Exercise aim: Which lines in the data below contain the word "sound"? Return each of them.

Source records:

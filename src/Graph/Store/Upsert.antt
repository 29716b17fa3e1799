-- ===== src/Graph/Store/Upsert.antt =====
-- What `add_node` and `add_edge` write, read back by key; the order of the calls does not matter.
use ligp_v.Prelude.{
  ◌≡◌, true, ◌&&◌, Option, none, some, List, [], arith, if◌then◌else◌, String, ◌==◌, string_eq,
  contains, eq_iff, ◌⊎◌, sym, ◌∙◌, ap,
}
use ligp_v.Dict.{get, put, get-put, member, set_default}
use ligp_v.Graph.Weights.{Weighing, max_of, max_comm, max_assoc, max_idem}
use ligp_v.Graph.Store.{Node, Edge, GraphStore, ok, relation_types, add_node, merge_node, add_edge}
use ligp_v.Graph.Store.Edges.{is_edge, weight_of, merge, insert_edge, weight_of-insert_edge}

module _ {W : Type 0} ⦃o : Weighing W⦄ where
  abbrev pub weight_in : String → String → Option (List (Edge W)) → Option W
  weight_in v rel none = none
  weight_in v rel (some es) = weight_of v rel es

  -- The weight of the edge from `u` to `v` with a relation, if there is one.
  abbrev pub edge_weight : String → String → String → GraphStore W → Option W
  edge_weight u v rel g = weight_in v rel (get u g.adj)

  -- What a successful `add_edge` has written.
  pub add_edge_written :
      (edge : Edge W) (g g' : GraphStore W)
      → add_edge edge g ≡ ok g'
      → (es : List (Edge W)) × (get edge.from_node g.adj ≡ some es)
        × (g'.adj ≡ put edge.from_node (insert_edge edge es) g.adj)
        × (g'.nodes ≡ g.nodes)
        × (contains relation_types edge.relation_type ≡ true)
        × (member edge.to_node g.nodes ≡ true)
  unfolding add_edge insert_edge
  add_edge_written edge g g' h = ground arith

  -- After a successful `add_edge` the edge between those ends with that relation has the greater of
  -- its old weight and the new one, or the new one if it was not there; every other edge weighs what
  -- it weighed.
  pub edge_weight-add_edge :
      (edge : Edge W) (g g' : GraphStore W) (u v rel : String)
      → add_edge edge g ≡ ok g'
      → edge_weight u v rel g' ≡ (
          if edge.from_node == u && is_edge v rel edge
          then merge (edge_weight u v rel g) edge.weight
          else edge_weight u v rel g)
  edge_weight-add_edge edge g g' u v rel h =
      let (es, here, written, same, valid, there) = add_edge_written edge g g' h in
      ground (
        arith,
        ap (get u) written,
        get-put edge.from_node u (insert_edge edge es) g.adj,
        here,
        eq_iff edge.from_node u,
        weight_of-insert_edge v rel edge es,
      )

  twice : (a b : W) (m : Option W) → merge (merge m a) b ≡ merge (merge m b) a
  twice a b none = ap some (max_comm a b)
  twice a b (some w) =
      ap some (max_assoc w a b ∙ ap (max_of w) (max_comm a b) ∙ sym (max_assoc w b a))

  again : (a : W) (m : Option W) → merge (merge m a) a ≡ merge m a
  again a none = ap some (max_idem a)
  again a (some w) = ap some (max_assoc w a a ∙ ap (max_of w) (max_idem a))

  -- Two edges may be added in either order: whenever both orders succeed, every edge has the same
  -- weight afterwards.
  pub add_edge_comm :
      (a b : Edge W) (g ga gab gb gba : GraphStore W) (u v rel : String)
      → add_edge a g ≡ ok ga
      → add_edge b ga ≡ ok gab
      → add_edge b g ≡ ok gb
      → add_edge a gb ≡ ok gba
      → edge_weight u v rel gab ≡ edge_weight u v rel gba
  add_edge_comm a b g ga gab gb gba u v rel p q r t = ground (
    arith,
    edge_weight-add_edge a g ga u v rel p,
    edge_weight-add_edge b ga gab u v rel q,
    edge_weight-add_edge b g gb u v rel r,
    edge_weight-add_edge a gb gba u v rel t,
    twice a.weight b.weight (edge_weight u v rel g),
  )

  -- Adding the edge that was just added changes no weight.
  pub add_edge_idem :
      (a : Edge W) (g ga gaa : GraphStore W) (u v rel : String)
      → add_edge a g ≡ ok ga
      → add_edge a ga ≡ ok gaa
      → edge_weight u v rel gaa ≡ edge_weight u v rel ga
  add_edge_idem a g ga gaa u v rel p q = ground (
    arith,
    edge_weight-add_edge a g ga u v rel p,
    edge_weight-add_edge a ga gaa u v rel q,
    again a.weight (edge_weight u v rel g),
  )

  -- The node that an upsert leaves.
  abbrev pub upserted : Option (Node W) → Node W → Node W
  upserted none node = node
  upserted (some existing) node = merge_node existing node

  pub add_node_nodes :
      (node : Node W) (g g' : GraphStore W)
      → add_node node g ≡ ok g'
      → g'.nodes ≡ put node.id (upserted (get node.id g.nodes) node) g.nodes
  unfolding add_node
  add_node_nodes node g g' h = ground arith

  pub add_node_adj :
      (node : Node W) (g g' : GraphStore W) (u : String)
      → add_node node g ≡ ok g'
      → (get u g'.adj ≡ get u g.adj) ⊎ ((get u g.adj ≡ none) × (get u g'.adj ≡ some []))
  unfolding add_node set_default
  add_node_adj node g g' u h = ground (arith, get-put node.id u [] g.adj, eq_iff node.id u)

  -- The upsert of a node: on success the node under its id has the greater of the two weights, keeps
  -- its name and type, keeps an embedding that it has and takes the new one otherwise; a node that
  -- was not there is stored as it is; every other node is untouched, and so is every edge.
  pub get-add_node :
      (node : Node W) (g g' : GraphStore W) (j u v rel : String)
      → add_node node g ≡ ok g'
      → (get j g'.nodes
          ≡ (if node.id == j then some (upserted (get j g.nodes) node) else get j g.nodes))
        × (edge_weight u v rel g' ≡ edge_weight u v rel g)
  get-add_node node g g' j u v rel h = (
    ground (
      arith,
      ap (get j) (add_node_nodes node g g' h),
      get-put node.id j (upserted (get node.id g.nodes) node) g.nodes,
      eq_iff node.id j,
    ),
    unfold weight_of in ground (arith, add_node_adj node g g' u h),
  )
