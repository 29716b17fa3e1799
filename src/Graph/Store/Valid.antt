-- ===== src/Graph/Store/Valid.antt =====
-- The invariant of the store and the two calls that change it.
use ligp_v.Prelude.{
  ◌≡◌, true, ◌||◌, some, List, [], ◌∷◌, ◌++◌, arith, String, ◌==◌, string_eq, contains, or_default,
  eq_iff, All, ◌⊎◌, inl, inr, sym, ◌∙◌, ap,
}
use ligp_v.Dict.{Dict, get, put, get-put, member, set_default, member-put, member-set_default}
use ligp_v.Graph.Weights.{Weighing}
use ligp_v.Graph.Store.{Node, Edge, GraphStore, ok, relation_types, add_node, add_edge, empty}
use ligp_v.Graph.Store.Edges.{Distinct, insert_edge, Distinct-insert_edge, All-insert_edge}
use ligp_v.Graph.Store.Upsert.{add_edge_written, add_node_nodes, add_node_adj, upserted}

module _ {W : Type 0} where
  -- An edge in the list of `u`: it starts at `u`, ends at a node and has a relation of the schema.
  abbrev pub Fits : Dict String (Node W) → String → String → String → String → Type 0
  Fits nodes u from to rel =
      (from ≡ u) × (member to nodes ≡ true) × (contains relation_types rel ≡ true)

  abbrev pub AllFit : Dict String (Node W) → String → List (Edge W) → Type 0
  AllFit nodes u = All (λ e. Fits nodes u e.from_node e.to_node e.relation_type)

  pub record IsWell (g : GraphStore W) : Type 0 where
    -- Every node has its two lists.
    pub covered :
        (k : String)
        → member k g.nodes ≡ true
        → (member k g.adj ≡ true) × (member k g.incoming ≡ true)
    -- Every edge fits.
    pub sound : (k : String) (es : List (Edge W)) → get k g.adj ≡ some es → AllFit g.nodes k es
    -- No edge stands twice.
    pub distinct : (k : String) (es : List (Edge W)) → get k g.adj ≡ some es → Distinct es

  AllFit-mono :
      (nodes nodes' : Dict String (Node W)) (u : String) (es : List (Edge W))
      → ((k : String) → member k nodes ≡ true → member k nodes' ≡ true)
      → AllFit nodes u es
      → AllFit nodes' u es
  AllFit-mono nodes nodes' u [] grow h = tt
  AllFit-mono nodes nodes' u (e ∷ es) grow ((a, b, c), h) =
      ((a, grow e.to_node b, c), AllFit-mono nodes nodes' u es grow h)

  pub empty-IsWell : IsWell (empty {W = W})
  unfolding get
  empty-IsWell = record { covered = λ k h. cc; sound = λ k es h. cc; distinct = λ k es h. cc }

module _ {W : Type 0} ⦃o : Weighing W⦄ where
  add_node_lists :
      (node : Node W) (g g' : GraphStore W)
      → add_node node g ≡ ok g'
      → ((member node.id g.nodes ≡ true) × (g'.adj ≡ g.adj) × (g'.incoming ≡ g.incoming))
        ⊎ ((g'.adj ≡ set_default node.id [] g.adj)
            × (g'.incoming ≡ set_default node.id [] g.incoming))
  unfolding add_node
  add_node_lists node g g' h = ground arith

  pub member-add_node :
      (node : Node W) (g g' : GraphStore W) (k : String)
      → add_node node g ≡ ok g'
      → member k g'.nodes ≡ (node.id == k || member k g.nodes)
  member-add_node node g g' k h =
      rw (add_node_nodes node g g' h)
        (member-put node.id k (upserted (get node.id g.nodes) node) g.nodes)

  add_node_covered :
      (node : Node W) (g g' : GraphStore W) (k : String)
      → add_node node g ≡ ok g'
      → IsWell g
      → member k g'.nodes ≡ true
      → (member k g'.adj ≡ true) × (member k g'.incoming ≡ true)
  add_node_covered node g g' k h w m = elim (add_node_lists node g g' h) [
    | inl (known, a, i) ↦
        rw (a, i) (w.covered k (ground (arith, member-add_node node g g' k h, eq_iff node.id k)))
    | inr (a, i) ↦
        rw (a, i)
          (ground (
            arith,
            member-add_node node g g' k h,
            member-set_default node.id k [] g.adj,
            member-set_default node.id k [] g.incoming,
            w.covered k,
          ))
  ]

  -- A successful `add_node` keeps the store well formed: every node has its two lists, every edge
  -- starts at the key of its list, ends at a node and has a relation of the schema, and no list holds
  -- two edges with one end and one relation.
  pub add_node-IsWell :
      (node : Node W) (g g' : GraphStore W) → add_node node g ≡ ok g' → IsWell g → IsWell g'
  add_node-IsWell node g g' h w = record {
    covered = λ k m. add_node_covered node g g' k h w m;
    sound = λ k es e. elim (add_node_adj node g g' k h) [
      | inl same ↦
          AllFit-mono g.nodes g'.nodes k es (λ j m. ground (arith, member-add_node node g g' j h))
            (w.sound k es (sym same ∙ e))
      | inr (absent, new) ↦ let nil : es ≡ [] = cc in rw nil tt
    ];
    distinct = λ k es e. elim (add_node_adj node g g' k h) [
      | inl same ↦ w.distinct k es (sym same ∙ e)
      | inr (absent, new) ↦ let nil : es ≡ [] = cc in rw nil tt
    ];
  }

  abbrev pub more_refs : Edge W → GraphStore W → List (String × String × String)
  more_refs edge g =
      or_default (get edge.to_node g.incoming) []
      ++ (edge.from_node, edge.to_node, edge.relation_type) ∷ []

  add_edge_refs :
      (edge : Edge W) (g g' : GraphStore W)
      → add_edge edge g ≡ ok g'
      → (g'.incoming ≡ g.incoming) ⊎ (g'.incoming ≡ put edge.to_node (more_refs edge g) g.incoming)
  unfolding add_edge
  add_edge_refs edge g g' h = ground arith

  add_edge_incoming :
      (edge : Edge W) (g g' : GraphStore W) (k : String)
      → add_edge edge g ≡ ok g'
      → member k g.incoming ≡ true
      → member k g'.incoming ≡ true
  add_edge_incoming edge g g' k h m = elim (add_edge_refs edge g g' h) [
    | inl same ↦ rw same m
    | inr e ↦ rw e (ground (arith, member-put edge.to_node k (more_refs edge g) g.incoming))
  ]

  -- The list of `k` after a successful `add_edge`: the old one, or the one that was extended.
  add_edge_list :
      (edge : Edge W) (g g' : GraphStore W) (k : String) (es : List (Edge W))
      → add_edge edge g ≡ ok g'
      → get k g'.adj ≡ some es
      → (get k g.adj ≡ some es)
        ⊎ ((old : List (Edge W)) × (edge.from_node ≡ k)
            × (get k g.adj ≡ some old)
            × (es ≡ insert_edge edge old))
  add_edge_list edge g g' k es h e =
      let (old, here, written, same, valid, there) = add_edge_written edge g g' h in
      ground (
        arith,
        ap (get k) written,
        get-put edge.from_node k (insert_edge edge old) g.adj,
        eq_iff edge.from_node k,
      )

  -- A successful `add_edge` keeps the store well formed, in the same sense.
  pub add_edge-IsWell :
      (edge : Edge W) (g g' : GraphStore W) → add_edge edge g ≡ ok g' → IsWell g → IsWell g'
  add_edge-IsWell edge g g' h w =
      let (old, here, written, same, valid, there) = add_edge_written edge g g' h in
      record {
        covered = λ k m.
            let (a, i) = w.covered k (rw same at m) in
            (
              rw written (ground (arith, member-put edge.from_node k (insert_edge edge old) g.adj)),
              add_edge_incoming edge g g' k h i,
            );
        sound = λ k es e. rw same (elim (add_edge_list edge g g' k es h e) [
          | inl kept ↦ w.sound k es kept
          | inr (old', start, had, grown) ↦ rw grown (
              All-insert_edge (Fits g.nodes k) edge old' (start, there, valid) (w.sound k old' had))
        ]);
        distinct = λ k es e. elim (add_edge_list edge g g' k es h e) [
          | inl kept ↦ w.distinct k es kept
          | inr (old', start, had, grown) ↦
              rw grown (Distinct-insert_edge edge old' (w.distinct k old' had))
        ];
      }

Answer to the exercise:
    pub sound : (k : String) (es : List (Edge W)) → get k g.adj ≡ some es → AllFit g.nodes k es
  empty-IsWell = record { covered = λ k h. cc; sound = λ k es h. cc; distinct = λ k es h. cc }
    sound = λ k es e. elim (add_node_adj node g g' k h) [
            (w.sound k es (sym same ∙ e))
        sound = λ k es e. rw same (elim (add_edge_list edge g g' k es h e) [
          | inl kept ↦ w.sound k es kept
              All-insert_edge (Fits g.nodes k) edge old' (start, there, valid) (w.sound k old' had))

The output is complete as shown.